The financial market is down globally by a significant amount today. Does that indicate a bear market ahead?
The US Economy
Is the drawdown today indicative of a bear market?
- Market started sliding after the FOMC meeting.
- Stock futures continued the slide overnight as we see disagreement in the US House
- HSBC reported China manufacturing declining for the third consecutive month
- Leading indicators +0.3% in August
- Fedex reported lower forecast for the upcoming quarters, but is not expecting a recession
- The operation twist is not good for US banks’ profitability
- Stocks enter bear market worldwide
- After the close, Nike reported better than expected earnings with strong backlog. NKE up about 5% after market.
The bottom line
It looks like the uncertainty with the banks is driving the market. Uncertainty of the congress passing legislation is another factor. Next week, we are into the month end and a trading rally is possible. But over the longer time horizon, uncertainties remain. And we can see the market going down lower.

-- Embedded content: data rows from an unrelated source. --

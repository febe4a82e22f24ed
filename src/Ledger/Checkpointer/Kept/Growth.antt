-- ===== src/Ledger/Checkpointer/Kept/Growth.antt =====
-- A run of the checkpointer covers the whole ledger (merkle_checkpoint.go).
use mathlib.Core.Path.{subst}
use vigia.Prelude.{
  ℕ, suc, ◌+◌, ◌≤◌, ◌≡◌, refl, sym, ap, ◌∙◌, inl, inr, ◌⊎◌, Bool, true, false, List, [], ◌∷◌, ◌++◌,
  some, All, arith, length, length-append, ltb, ◌==◌,
}
use vigia.Ledger.Encoding.{Text}
use vigia.Ledger.Digest.{Bytes, Sha256}
use vigia.Ledger.Record.{EvidenceRecord}
use vigia.Ledger.Chain.{text_equal_iff, Text_comparable}
use vigia.Ledger.Checkpoint.{
  MerkleCheckpoint, build_merkle_checkpoint, canonical_bytes, verify_timestamp_digest,
}
use vigia.Ledger.Checkpointer.{
  CheckpointRow, CheckpointerError, LedgerTables, MerkleCheckpointer, Client, Token, Outcome,
  insert_row, row_of, latest, last_seq_of, ◌>>◌, ◌>>=◌, not_empty, load_checkpoint_records,
  create_checkpoint, create_merkle_checkpoint, verifier_of,
}
use vigia.Ledger.Checkpointer.Ranges.{Counts, LinkedFrom, end_hash, IsIntact-Counts}
use vigia.Ledger.Checkpointer.Builds.{linked-builds, build-utc_micros}
use vigia.Ledger.Checkpointer.Kept.{
  IsRowOf, Covers, IsCheckpointed, row-LiesAt, checkpointed-verify,
}
use vigia.Ledger.Checkpointer.Kept.Progress.{
  Reaches, Covers-Reaches, fresh-Counts, fresh-LinkedFrom, load-fresh,
}

module _ (sha : Sha256) (verify : Bytes → Bytes → Bool) where
  -- A timestamp authority that answers, with tokens that its verifier accepts.
  pub record IsAuthority (client : Client) : Type 0 where
    pub verifies : client.verifier ≡ some verify
    pub answers :
        (payload : Bytes)
        → (token : Token) × (client.timestamp payload ≡ some token)
          × (token.hashed_message ≡ sha.digest payload)
          × (verify token.raw_token (sha.digest payload) ≡ true)

  insert_row-append :
      (n : ℕ) (row : CheckpointRow) (rows : List CheckpointRow)
      → All (λ (c : CheckpointRow). suc c.last_seq ≤ n) rows
      → n ≤ suc row.last_seq
      → insert_row row rows ≡ rows ++ row ∷ []
  insert_row-append n row [] h l = refl
  insert_row-append n row (c ∷ rows) h l =
      let later : ltb row.last_seq c.last_seq ≡ false = ground (arith, h.0) in
      rw (later, insert_row-append n row rows h.1 l)

  latest-append :
      (rows : List CheckpointRow) (row : CheckpointRow) → latest (rows ++ row ∷ []) ≡ some row
  latest-append [] row = refl
  latest-append (c ∷ []) row = refl
  latest-append (c ∷ d ∷ rows) row = latest-append (d ∷ rows) row

  -- What the checkpointer makes of fresh records.
  record Creates (m : MerkleCheckpointer) (t : LedgerTables) (range : List EvidenceRecord)
      : Type 0 where
    row : CheckpointRow
    created :
        create_checkpoint sha m t
        ≡ Outcome.done (row, record t { checkpoints = insert_row row t.checkpoints })
    is_row : IsRowOf sha verify range row

  digest-verifies :
      (c : MerkleCheckpoint) (message : Bytes)
      → message ≡ sha.digest (canonical_bytes c)
      → verify_timestamp_digest sha c message ≡ true
  unfolding verify_timestamp_digest
  digest-verifies c message h = (text_equal_iff _ _).1 h

  create-done :
      (m : MerkleCheckpointer) (t : LedgerTables) (client : Client) (range : List EvidenceRecord)
      (c : MerkleCheckpoint) (token : Token)
      → m.client ≡ some client
      → (m.tsa_url == []) ≡ false
      → load_checkpoint_records sha m t ≡ Outcome.done range
      → build_merkle_checkpoint sha range m.now ≡ some (inr c)
      → client.timestamp (canonical_bytes c) ≡ some token
      → token.hashed_message ≡ sha.digest (canonical_bytes c)
      → create_checkpoint sha m t
        ≡ Outcome.done (
          row_of m c token,
          record t { checkpoints = insert_row (row_of m c token) t.checkpoints },
        )
  unfolding create_checkpoint
  create-done m t client range c token has url load builds answered message =
      simp (has, url, load, builds, answered, digest-verifies c token.hashed_message message)

  create-Creates :
      (m : MerkleCheckpointer) (t : LedgerTables) (client : Client) (k : ℕ) (p : Text)
      (first : EvidenceRecord) (rest : List EvidenceRecord)
      → m.client ≡ some client
      → IsAuthority client
      → (m.tsa_url == []) ≡ false
      → load_checkpoint_records sha m t ≡ Outcome.done (first ∷ rest)
      → Counts k (first ∷ rest)
      → LinkedFrom sha p (first ∷ rest)
      → Creates m t (first ∷ rest)
  create-Creates m t client k p first rest has authority url load counts linked =
      let (c, builds, built) = linked-builds sha k p first rest m.now counts linked in
      let (token, answered, message, accepted) = authority.answers (canonical_bytes c) in
      record {
        row = row_of m c token;
        created =
            create-done m t client (first ∷ rest) c token has url load builds answered message;
        is_row = record {
          checkpoint = c;
          built =
              ap (λ (x : MerkleCheckpoint). build_merkle_checkpoint sha (first ∷ rest) x.created_at)
                built.built
              ∙ build-utc_micros sha (first ∷ rest) m.now
              ∙ builds;
          first_seq = refl;
          last_seq = refl;
          root_hash = refl;
          chain_head_hash = refl;
          checkpoint_body = refl;
          token = accepted;
        };
      }

  -- The result of a run that has covered everything: nothing was left, or a checkpoint was added.
  abbrev pub CoversAll : LedgerTables → Outcome LedgerTables → Type 0
  CoversAll t o =
      ((o ≡ Outcome.failed CheckpointerError.no_new_records)
        × (last_seq_of (latest t.checkpoints) ≡ length t.records))
      ⊎ ((after : LedgerTables) × (o ≡ Outcome.done after)
          × (after.records ≡ t.records)
          × IsCheckpointed sha verify after
          × (last_seq_of (latest after.checkpoints) ≡ length t.records))

  module _ (m : MerkleCheckpointer) (t : LedgerTables) (client : Client)
      (has : m.client ≡ some client) (authority : IsAuthority client) (known : m.tenant ≡ true)
      (url : (m.tsa_url == []) ≡ false) (kept : IsCheckpointed sha verify t)
      (counts : Counts 1 t.records) (linked : LinkedFrom sha [] t.records)
      (reach : Reaches sha verify 1 [] t.records t.checkpoints (latest t.checkpoints)) where
    total : length t.records ≡ length reach.covered + length reach.fresh
    total = ap (λ xs. length xs) reach.parts ∙ length-append reach.covered reach.fresh

    nothing-fresh :
        load_checkpoint_records sha m t ≡ Outcome.failed CheckpointerError.no_new_records
        → create_checkpoint sha m t ≡ Outcome.failed CheckpointerError.no_new_records
    unfolding create_checkpoint
    nothing-fresh load = simp (has, url, load)

    added :
        (first : EvidenceRecord) (rest : List EvidenceRecord)
        → reach.fresh ≡ first ∷ rest
        → CoversAll t (create_checkpoint sha m t >>= λ created. Outcome.done created.1)
    added first rest e =
        let n = length reach.covered + 1 in
        let range_counts =
          subst (Counts n) e (fresh-Counts sha verify m t known counts linked reach) in
        let range_linked =
          subst (LinkedFrom sha (end_hash sha [] reach.covered)) e
            (fresh-LinkedFrom sha verify m t known counts linked reach) in
        let load =
          load-fresh sha verify m t known counts linked reach
          ∙ ap (λ xs. not_empty xs >> Outcome.done xs) e in
        let new =
          create-Creates m t client n _ first rest has authority url load range_counts
            range_linked in
        let lies =
          row-LiesAt sha verify n _ first rest new.row range_counts range_linked new.is_row in
        let rows =
          insert_row-append n new.row t.checkpoints reach.below (omega (arith, lies.ends)) in
        let size = ap (λ xs. length xs) e in
        inr (
          record t { checkpoints = insert_row new.row t.checkpoints },
          ap (λ o. o >>= λ created. Outcome.done created.1) new.created,
          refl,
          record {
            intact = kept.intact;
            covered =
                subst (Covers sha verify t.records) (sym rows)
                  (reach.extends first rest new.row e new.is_row);
          },
          ap (λ cs. last_seq_of (latest cs)) rows
              ∙ ap last_seq_of (latest-append t.checkpoints new.row)
              ∙ omega (arith, lies.ends, total, size),
        )

    after-create :
        (fresh : List EvidenceRecord)
        → reach.fresh ≡ fresh
        → CoversAll t (create_checkpoint sha m t >>= λ created. Outcome.done created.1)
    after-create [] e =
        let load =
          load-fresh sha verify m t known counts linked reach
          ∙ ap (λ xs. not_empty xs >> Outcome.done xs) e in
        let size = ap (λ xs. length xs) e in
        inl (
          ap (λ o. o >>= λ created. Outcome.done created.1) (nothing-fresh load),
          omega (arith, reach.ends, total, size),
        )
    after-create (first ∷ rest) e = added first rest e

verifier_is :
    {sha : Sha256} {verify : Bytes → Bytes → Bool} (m : MerkleCheckpointer) (client : Client)
    → m.client ≡ some client
    → IsAuthority sha verify client
    → verifier_of m.client ≡ Outcome.done verify
verifier_is m client has authority = simp (has, authority.verifies)

-- With a timestamp authority that answers, a configured URL for it and a tenant id that parses, a run of the checkpointer on a checkpointed ledger never fails
-- but for want of new records: the checkpoints then reach its last record, or the run adds one that does,
-- leaves the records as they were, and the ledger is checkpointed again.
pub create_merkle_checkpoint-CoversAll :
    (sha : Sha256) (verify : Bytes → Bytes → Bool) (m : MerkleCheckpointer) (t : LedgerTables)
    (client : Client)
    → m.client ≡ some client
    → IsAuthority sha verify client
    → m.tenant ≡ true
    → (m.tsa_url == []) ≡ false
    → IsCheckpointed sha verify t
    → CoversAll sha verify t (create_merkle_checkpoint sha m t)
unfolding create_merkle_checkpoint
create_merkle_checkpoint-CoversAll sha verify m t client has authority known url kept =
    let (counts, linked) = IsIntact-Counts sha t.records kept.intact in
    let reach = Covers-Reaches sha verify t.records t.checkpoints counts linked kept.covered in
    let verifier = verifier_is m client has authority in
    let verified = checkpointed-verify sha verify m verifier t known kept in
    subst (CoversAll sha verify t)
      (sym
        (ap (λ o. o >> (create_checkpoint sha m t >>= λ created. Outcome.done created.1)) verified))
      (after-create sha verify m t client has authority known url kept counts linked reach
        reach.fresh refl)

This will probably be more apparent when the next round of earnings reports commences in October.
The European Economy
IMF meeting in progress, EU will speed up recapitalization for banks
- Greek bond swap may have reached 85% agreement, where 90% is required by the government
- On the positive side, Ireland GDP rised by 1.6% for Q2, exports increased by 23.9% YoY
- A lot of rumors about European banks in trouble, EU pledged swift recapitalization for 16 banks.
The bottom line
The concensus believe that it is the eve of a financial crisis in Europe. The authorities especially the ECB has the muscle to fix this problem, similar to what the US fed did back in 2008. The quesiton is the timing. When will they announce lower interest rates and special funding for the banks.
The Canadian Economy
Canadian economy still slow
- Retail sales data reported -0.6% MoM for Canada
- The Canadian dollar broke par and traded at USD0.97 today
The bottom line
The market today just show a slowing economy in Canada. Given the current conditions we do not see a rally in the near future.
The market today
The market is down almost 8% since last Friday’s closing, which would indicate an oversold condition, and a technical rally. But the general sentiment is still negative. It is dangerous to sell on rallies because if the ECB comes up with a stimulus plan, the European market as well as all markets will react very quickly to the upside.
We have been hearing about double dip and global recession, but have not seen the statistical indicator just yet. Therefore if the numbers reported in the upcoming quarter do show a global recession, then we would expect further decline in the market.